The guitar-work, vocals and rhythms are all nicely complex, intricate and varied with a modern in-yer-face production. The album’s core of technical speed metal is in the fine tradition of American 80’s Metal bands such as Sanctuary, Liege Lord, Racer X or Crimson Glory (the latter comes through even further on the album’s more vocally flamboyant and scene-setting moments). Some of the heavier guitar-lines are particularly rapid and along with the choppy arrangements and Metal vocals, the band more than once put me in mind of a modern incarnation of Apocrypha. Control Denied spring to mind too on the heavier tracks, taking Chuck Schuldiner style guitar innovations and blending them with Steve DiGiorgio type bass-lines (like in ‘Sacrifice’ for example).

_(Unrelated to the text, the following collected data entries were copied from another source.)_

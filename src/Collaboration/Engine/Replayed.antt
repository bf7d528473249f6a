-- ===== src/Collaboration/Engine/Replayed.antt =====
-- The invariant of the engine's states, and what it takes to be a valid state.
use super_scientist_orchestr.Prelude.{
  ℕ, ◌+◌, String, ◌≡◌, sym, ap, ◌∙◌, true, false, not, ◌&&◌, some, List, [], ◌∷◌, ◌++◌, arith, ◌==◌,
  ==_iff, ==_refl, nat_eq, string_eq, option_eq, list_eq, pair_eq, bool_eq, length, all,
  length-append, contains, last, before_last, get_elem?-append, is_some, bind_intro, guard_intro,
}
use super_scientist_orchestr.Collaboration.{
  topology_eq, CollaborationState, CollaborationSession, CollaborationTransition, Platform,
}
use super_scientist_orchestr.Collaboration.Topology.{peer_ids}
use super_scientist_orchestr.Collaboration.Termination.{
  peers_of, topology_hashes, churn_count, contribution_depths, completion_satisfied,
  termination_reason, summarize,
}
use super_scientist_orchestr.Collaboration.Integrity.{
  nothing_retained, history_binds, exchanges_bind, counts_bind,
}
use super_scientist_orchestr.Collaboration.Integrity.Replay.{
  Progress, summary_of, observe, replay_kind, replay_step, replay, is_complete, replays,
  has_integrity,
}
use super_scientist_orchestr.Collaboration.Integrity.Extension.{Within}
use super_scientist_orchestr.Collaboration.Engine.{evaluate_termination}
use super_scientist_orchestr.Collaboration.Observation.{with_hashes}
use super_scientist_orchestr.Collaboration.Engine.Progressed.{
  progress_of, summary_of-progress_of, observe-with_hashes,
}
use super_scientist_orchestr.Collaboration.Engine.Retained.{
  retained_of, exchanges_bind-declared, exchanges_bind-length,
}

module _ (platform : Platform) where
  -- The parts of `has_integrity`.
  pub record HasParts (s : CollaborationState) : Type 0 where
    pub history : history_binds platform s.session s.topology_history s.topology_events ≡ true
    pub current : last s.topology_history ≡ some s.topology
    pub counts : counts_bind platform s.session s ≡ true
    pub completion : s.completed ≡ completion_satisfied s.session s.contributions
    pub observations : length s.observed_state_hashes ≡ length s.transitions + 1
    pub cycles : length s.cycle_projection_hashes ≡ length s.transitions + 1

  -- The invariant: the two loops of the validator end where the engine stands.
  pub record IsReplayed (s : CollaborationState) (depths : List (String × ℕ)) : Type 0 where
    pub parts : HasParts s
    pub known : contribution_depths [] s.contributions ≡ some depths
    pub replayed : replay platform s ≡ some (progress_of platform s depths)
    pub retained :
        exchanges_bind platform s.session nothing_retained 1 s.requests s.contributions
          s.usage_history
        ≡ some (retained_of platform s depths)

  module _ (s : CollaborationState) where
    pub has_integrity-HasParts : has_integrity platform s ≡ true → HasParts s
    unfolding has_integrity replays
    has_integrity-HasParts h = record {
      history = ground arith;
      current = (==_iff (last s.topology_history) (some s.topology)).0 (ground arith);
      counts = ground arith;
      completion =
          (==_iff s.completed (completion_satisfied s.session s.contributions)).0 (ground arith);
      observations = ground arith;
      cycles = ground arith;
    }

  module _ (s : CollaborationState) (depths : List (String × ℕ)) (inv : IsReplayed s depths) where
    pub as_many :
        (length s.requests ≡ length s.contributions)
        × (length s.usage_history ≡ length s.contributions)
    as_many =
        exchanges_bind-length platform s.session nothing_retained 1 s.requests s.contributions
          s.usage_history inv.retained

    pub declared : all (contains (peer_ids s.session)) (peers_of s.contributions) ≡ true
    declared =
        exchanges_bind-declared platform s.session nothing_retained 1 s.requests s.contributions
          s.usage_history inv.retained

    complete : is_complete platform s (replay platform s) ≡ true
    unfolding progress_of
    complete =
        rw inv.replayed
          (ground (arith, as_many.0, ==_refl s.topology, ==_refl (length s.topology_events)))

    -- A state with the invariant passes the validator.
    pub IsReplayed-has_integrity : has_integrity platform s ≡ true
    unfolding has_integrity replays
    IsReplayed-has_integrity = ground (
      arith,
      inv.retained,
      complete,
      inv.parts.history,
      inv.parts.counts,
      ==_iff (last s.topology_history) (some s.topology),
      ==_iff s.completed (completion_satisfied s.session s.contributions),
    )

pub Within-refl : {A : Type 0} (xs : List A) → Within xs xs
Within-refl xs i x h = h

pub Within-append : {A : Type 0} (xs ys : List A) → Within xs (xs ++ ys)
Within-append xs ys i x h = get_elem?-append xs ys i h

-- One more of each.
pub length-grow :
    {A B : Type 0} (xs : List A) (ys : List B) (x : A) (y : B)
    → length xs ≡ length ys + 1
    → length (xs ++ x ∷ []) ≡ length (ys ++ y ∷ []) + 1
length-grow xs ys x y h =
    let a = length-append xs (x ∷ []) in let b = length-append ys (y ∷ []) in omega arith

-- A state with its hash.
abbrev pub sealed : CollaborationState → String → CollaborationState
sealed s hash = record s { state_hash = hash }

-- The hash of a state takes no part in its integrity.
pub sealed-HasParts :
    (platform : Platform) (s : CollaborationState) (hash : String)
    → HasParts platform s
    → HasParts platform (sealed s hash)
unfolding counts_bind
sealed-HasParts platform s hash parts = record {
  history = parts.history;
  current = parts.current;
  counts = parts.counts;
  completion = parts.completion;
  observations = parts.observations;
  cycles = parts.cycles;
}

module _ (platform : Platform) (s : CollaborationState) (depths : List (String × ℕ))
    (inv : IsReplayed platform s depths)
    (going : is_some (evaluate_termination platform s) ≡ false) where
  -- One round of the replay, on a state that retains one more transition.
  pub step-observed :
      (s3 : CollaborationState) (t : CollaborationTransition) (q r : Progress)
      → s3.session ≡ s.session
      → t.position ≡ length s.transitions + 1
      → replay_kind platform s3 t t.kind (progress_of platform s depths) ≡ some q
      → observe platform s3.session s3.observed_state_hashes s3.cycle_projection_hashes
          (length s.transitions + 1)
          q
        ≡ some r
      → replay_step platform s3 (length s.transitions + 1) t (progress_of platform s depths)
        ≡ some r
  unfolding replay_step evaluate_termination
  step-observed s3 t q r e1 e2 kind o =
      let reason : termination_reason platform s3.session
            (summary_of (progress_of platform s depths))
          ≡ termination_reason platform s.session (summarize s) =
        ap
          (λ (v : CollaborationSession).
            termination_reason platform v (summary_of (progress_of platform s depths)))
          e1
        ∙ ap (termination_reason platform s.session) (summary_of-progress_of platform s depths) in
      guard_intro
        {b = not (
          t.position == length s.transitions + 1
          && not (
              is_some (
                termination_reason platform s3.session
                  (summary_of (progress_of platform s depths)))))}
        (ground (arith, reason)) (bind_intro _ kind o)

  -- The hashes of a state stand at the index of its last transition.
  pub observed-at :
      (s1 : CollaborationState) (hash : String) (depths' : List (String × ℕ))
      → s1.observed_state_hashes ≡ s.observed_state_hashes
      → s1.cycle_projection_hashes ≡ s.cycle_projection_hashes
      → (let s3 =
            sealed
              (with_hashes platform s1
                (before_last (topology_hashes s1.topology_history))
                (churn_count (topology_hashes s1.topology_history))
                depths')
              hash in
          observe platform s3.session s3.observed_state_hashes s3.cycle_projection_hashes
            (length s.transitions + 1)
            (progress_of platform s1 depths')
          ≡ some (progress_of platform s3 depths'))
  unfolding with_hashes progress_of
  observed-at s1 hash depths' e2 e3 =
      let at : length s1.observed_state_hashes ≡ length s.transitions + 1 =
        ap length e2 ∙ inv.parts.observations in
      let cycles : length s1.cycle_projection_hashes ≡ length s1.observed_state_hashes =
        ap length e3 ∙ inv.parts.cycles ∙ sym at in
      rw (← at) (observe-with_hashes platform s1 depths' cycles)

But this is just one side of the band and they aren’t afraid to throw in things that just feel right to them – there’s the extended flamenco guitar lead-break in ‘What We Are Dying For’ for instance, reminiscent of Tore Osteby in Ark and Conception, or there’s the way the band somehow manage to seamlessly blend the eccentricity of King Diamond with prime Nevermore darkness in the mellow ‘The Great Awakening’ into the epic ‘End Of Time’, incorporating a dash of the aforementioned Crimson Glory thrown in for good measure. This track also highlights another plus point for the band – when you are dealing in the more technical side of Metal as Witherfall are, there can be a tendency to push the music forward and forget to write a memorable vocal hook, but the band have that covered in ‘End Of Time’ as well as ‘Nobody Sleeps Here’, where some of the repeated, catchy vocal lines give the whole track a cohesion and draw it all together.
This is one of those albums you just keep going back to – the first few listens only seem to brush the surface. There’s so much going on with each member’s contribution that even though the whole thing works excellently as a whole, you can also concentrate on just one instrument/vocal and be equally enthralled. This is a fabulous tribute to Adam Sagan, some of his best work captured forever (the drums effortlessly switch tempos from modern Thrash to European Dark Metal and into Progressive Metal with absolute ease), enhanced by his friends and band-mates, giving some of the album’s more melancholy moments a further poignancy. I’m sure he would have been very proud of this album as the rest of the band have every right to be – this is one interesting, powerful, complex and engrossing release.